**What to produce:**
Copy every line in the records below that contains the word "CertificateProps".

[Stored data entries]
------------------------------------------------

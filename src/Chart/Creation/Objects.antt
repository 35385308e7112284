-- ===== src/Chart/Creation/Objects.antt =====
-- Each constructor of Bindings/Classes creates its construct, if the jsii runtime accepts complete
-- props and ids that are free, and loads the packages.
use learning_crossplane_e2e.Prelude.{
  String, Bool, ◌∙◌, true, false, Option, none, some, List, [], ◌∷◌, ◌≡◌, refl, All, if◌then◌else◌,
}
use learning_crossplane_e2e.Imports.Template.{
  Load, KernelCall, initialized, value_check, guarded_call, checks_of, Checks, nil_checks,
  optional_props_checks, required_props_checks, api_class, binding,
}
use learning_crossplane_e2e.Imports.Initialize.{
  k8s_initialize, cert_manager_initialize, series_initialize, external_secrets_initialize,
  schemahero_databases_initialize, schemahero_schemas_initialize,
}
use learning_crossplane_e2e.Chart.K8s.Base.{Float64}
use learning_crossplane_e2e.Chart.K8s.Meta.{KubeSecretProps}
use learning_crossplane_e2e.Chart.K8s.Pod.{KubeDeploymentProps}
use learning_crossplane_e2e.Chart.K8s.Network.{KubeServiceProps, KubeIngressProps}
use learning_crossplane_e2e.Chart.Custom.Certificate.{CertificateProps}
use learning_crossplane_e2e.Chart.Custom.SqlClaim.{SqlClaimProps}
use learning_crossplane_e2e.Chart.Custom.ExternalSecret.{ExternalSecretProps}
use learning_crossplane_e2e.Chart.Custom.Database.{DatabaseProps}
use learning_crossplane_e2e.Chart.Custom.Table.{TableProps}
use learning_crossplane_e2e.Chart.DbResources.{HelmProps}
use learning_crossplane_e2e.Chart.App.{
  Construct, Resource, construct, deployment, service, ingress, certificate, helm, sql_claim,
  secret, external_secret, database, table,
}
use learning_crossplane_e2e.Chart.Bindings.{
  Created, Runtime, B, built, then_run, initialize_all, perform, validate_props, checked, Literal,
  text_literal, number_literal, call_static, quantity_from_string, int_or_string_from_number,
  jsii_create, new_object,
}
use learning_crossplane_e2e.Chart.Bindings.Classes.{
  new_kube_deployment, new_kube_service, new_kube_ingress, new_kube_secret, new_certificate,
  new_sql_claim, new_external_secret, new_database, new_table,
}
use learning_crossplane_e2e.Chart.Creation.{new_helm}
use learning_crossplane_e2e.Chart.Creation.Rules.{
  Accepts, class_of, embedded, class_of-known, object, taken, CanAdd, Creates,
}

module _ (rt : Runtime) (accepts : Accepts rt) (path : String) where
  create-Creates :
      (c : Construct) (kids : List Created)
      → taken path c.id kids ≡ false
      → jsii_create rt (object path c) kids ≡ built tt (object path c ∷ kids)
  unfolding jsii_create
  create-Creates c kids h =
      rw (accepts.free kids (object path c) path c.id refl refl h (class_of-known c.resource))

  initialize_all_skip :
      (loads : List Load) (m : B (Unit {0})) (kids : List Created)
      → All (λ l. embedded l ≡ true) loads
      → then_run (λ _. m) (initialize_all rt loads kids) ≡ m kids
  initialize_all_skip [] m kids _ = refl
  initialize_all_skip (l ∷ loads) m kids (h, hs) =
      rw (accepts.loadable l h) (initialize_all_skip loads m kids hs)

  checks_of_pass :
      {P : Type 0} (checking : Bool) (checks : Checks P String) (id : String) (props : P)
      → checks.new (some path) (some id) (some props) ≡ none
      → (checks_of checking checks nil_checks).new (some path) (some id) (some props) ≡ none
  checks_of_pass true checks id props h = h
  checks_of_pass false checks id props h = refl

  module _ {P : Type 0} (embed : P → Resource) (id : String) (props : P) where
    perform_created :
        (proxy : String) (error : Option String)
        → error ≡ none
        → (kids : List Created) → CanAdd path (construct id (embed props) ∷ []) kids
        → perform rt embed
            (guarded_call error (record {
              class = class_of (embed props);
              proxy = proxy;
              scope = some path;
              id = some id;
              props = some props;
            }))
            kids
          ≡ built tt (object path (construct id (embed props)) ∷ kids)
    perform_created proxy error passes kids (complete, h, _) =
        rw passes (create-Creates (construct id (embed props)) kids h)

    abbrev CreatesIt :
        (loads : List Load) → String → ((Option P → Option String) → Checks P String) → Type 0
    CreatesIt loads type checks = Creates path (construct id (embed props) ∷ []) (
        new_object rt embed
          (binding (api_class loads (class_of (embed props)) type) checks nil_checks) (some path)
          (some id) (some props))

    -- The constructor, where its checks let non-nil arguments through if the props are valid.
    new_object-Creates :
        (loads : List Load) (type : String) (checks : (Option P → Option String) → Checks P String)
        → ((validate : Option P → Option String)
            → (checks validate).new (some path) (some id) (some props) ≡ validate (some props))
        → All (λ l. embedded l ≡ true) loads
        → CreatesIt loads type checks
    unfolding new_object
    new_object-Creates loads type checks passes known_loads = record {
      run = λ kids can.
          initialize_all_skip loads _ kids known_loads
          ∙ perform_created _ _
              (checks_of_pass rt.type_checking (checks (validate_props rt embed)) id props
                (passes _ ∙ accepts.valid (embed props) can.0))
              kids can;
    }

  pub new_kube_deployment-Creates :
      (id : String) (props : KubeDeploymentProps)
      → Creates path
          (construct id (deployment props) ∷ [])
          (new_kube_deployment rt (some path) (some id) (some props))
  unfolding new_kube_deployment
  new_kube_deployment-Creates id props =
      new_object-Creates deployment id props k8s_initialize "KubeDeployment" optional_props_checks
        (λ _. refl) (refl, (refl, (refl, tt)))

  pub new_kube_service-Creates :
      (id : String) (props : KubeServiceProps)
      → Creates path
          (construct id (service props) ∷ [])
          (new_kube_service rt (some path) (some id) (some props))
  unfolding new_kube_service
  new_kube_service-Creates id props =
      new_object-Creates service id props k8s_initialize "KubeService" optional_props_checks
        (λ _. refl) (refl, (refl, (refl, tt)))

  pub new_kube_ingress-Creates :
      (id : String) (props : KubeIngressProps)
      → Creates path
          (construct id (ingress props) ∷ [])
          (new_kube_ingress rt (some path) (some id) (some props))
  unfolding new_kube_ingress
  new_kube_ingress-Creates id props =
      new_object-Creates ingress id props k8s_initialize "KubeIngress" optional_props_checks
        (λ _. refl) (refl, (refl, (refl, tt)))

  pub new_kube_secret-Creates :
      (id : String) (props : KubeSecretProps)
      → Creates path
          (construct id (secret props) ∷ [])
          (new_kube_secret rt (some path) (some id) (some props))
  unfolding new_kube_secret
  new_kube_secret-Creates id props =
      new_object-Creates secret id props k8s_initialize "KubeSecret" optional_props_checks
        (λ _. refl) (refl, (refl, (refl, tt)))

  pub new_certificate-Creates :
      (id : String) (props : CertificateProps)
      → Creates path
          (construct id (certificate props) ∷ [])
          (new_certificate rt (some path) (some id) (some props))
  unfolding new_certificate
  new_certificate-Creates id props =
      new_object-Creates certificate id props cert_manager_initialize "Certificate"
        required_props_checks (λ _. refl) (refl, (refl, (refl, tt)))

  pub new_sql_claim-Creates :
      (id : String) (props : SqlClaimProps)
      → Creates path
          (construct id (sql_claim props) ∷ [])
          (new_sql_claim rt (some path) (some id) (some props))
  unfolding new_sql_claim
  new_sql_claim-Creates id props =
      new_object-Creates sql_claim id props series_initialize "SqlClaim" required_props_checks
        (λ _. refl) (refl, (refl, (refl, tt)))

  pub new_external_secret-Creates :
      (id : String) (props : ExternalSecretProps)
      → Creates path
          (construct id (external_secret props) ∷ [])
          (new_external_secret rt (some path) (some id) (some props))
  unfolding new_external_secret
  new_external_secret-Creates id props =
      new_object-Creates external_secret id props external_secrets_initialize "ExternalSecret"
        optional_props_checks (λ _. refl) (refl, (refl, (refl, tt)))

  pub new_database-Creates :
      (id : String) (props : DatabaseProps)
      → Creates path
          (construct id (database props) ∷ [])
          (new_database rt (some path) (some id) (some props))
  unfolding new_database
  new_database-Creates id props =
      new_object-Creates database id props schemahero_databases_initialize "Database"
        required_props_checks (λ _. refl) (refl, (refl, (refl, tt)))

  pub new_table-Creates :
      (id : String) (props : TableProps)
      → Creates path
          (construct id (table props) ∷ [])
          (new_table rt (some path) (some id) (some props))
  unfolding new_table
  new_table-Creates id props =
      new_object-Creates table id props schemahero_schemas_initialize "Table" optional_props_checks
        (λ _. refl) (refl, (refl, (refl, tt)))

  pub checked-Creates : (error : Option String) → error ≡ none → Creates path [] (checked error)
  checked-Creates error h = record { run = λ kids _. rw h refl }

  pub new_helm-Creates :
      (id : String) (props : HelmProps)
      → Creates path (construct id (helm props) ∷ []) (new_helm rt (some path) (some id) props)
  unfolding new_helm
  new_helm-Creates id props = record {
    run = λ kids (complete, h, _).
        rw (accepts.valid (helm props) complete)
          (create-Creates (construct id (helm props)) kids h);
  }

  asked-static :
      (loads : List Load) (c : KernelCall (Unit {0}) Literal)
      → All (λ l. embedded l ≡ true) loads
      → rt.static_call c ≡ none
      → (error : Option String) → error ≡ none
      → Creates path [] (call_static rt (initialized loads (guarded_call error c)))
  asked-static loads c known_loads answered error passes = record {
    run = λ kids _. initialize_all_skip loads _ kids known_loads ∙ rw (passes, answered) refl;
  }

  value_check_pass :
      (checking : Bool) (l : Literal)
      → (if checking then value_check else λ (v : Option Literal). none) (some l) ≡ none
  value_check_pass true l = refl
  value_check_pass false l = refl

  pub quantity-Creates : (s : String) → Creates path [] (quantity_from_string rt s)
  unfolding quantity_from_string
  quantity-Creates s =
      asked-static k8s_initialize _ (refl, (refl, (refl, tt))) (accepts.quantities s) _
        (value_check_pass rt.type_checking (text_literal s))

  pub number-Creates : (n : Float64) → Creates path [] (int_or_string_from_number rt n)
  unfolding int_or_string_from_number
  number-Creates n =
      asked-static k8s_initialize _ (refl, (refl, (refl, tt))) (accepts.numbers n) _
        (value_check_pass rt.type_checking (number_literal n))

------------------------------------------------

**Solution for this task:**
use learning_crossplane_e2e.Chart.Custom.Certificate.{CertificateProps}
      (id : String) (props : CertificateProps)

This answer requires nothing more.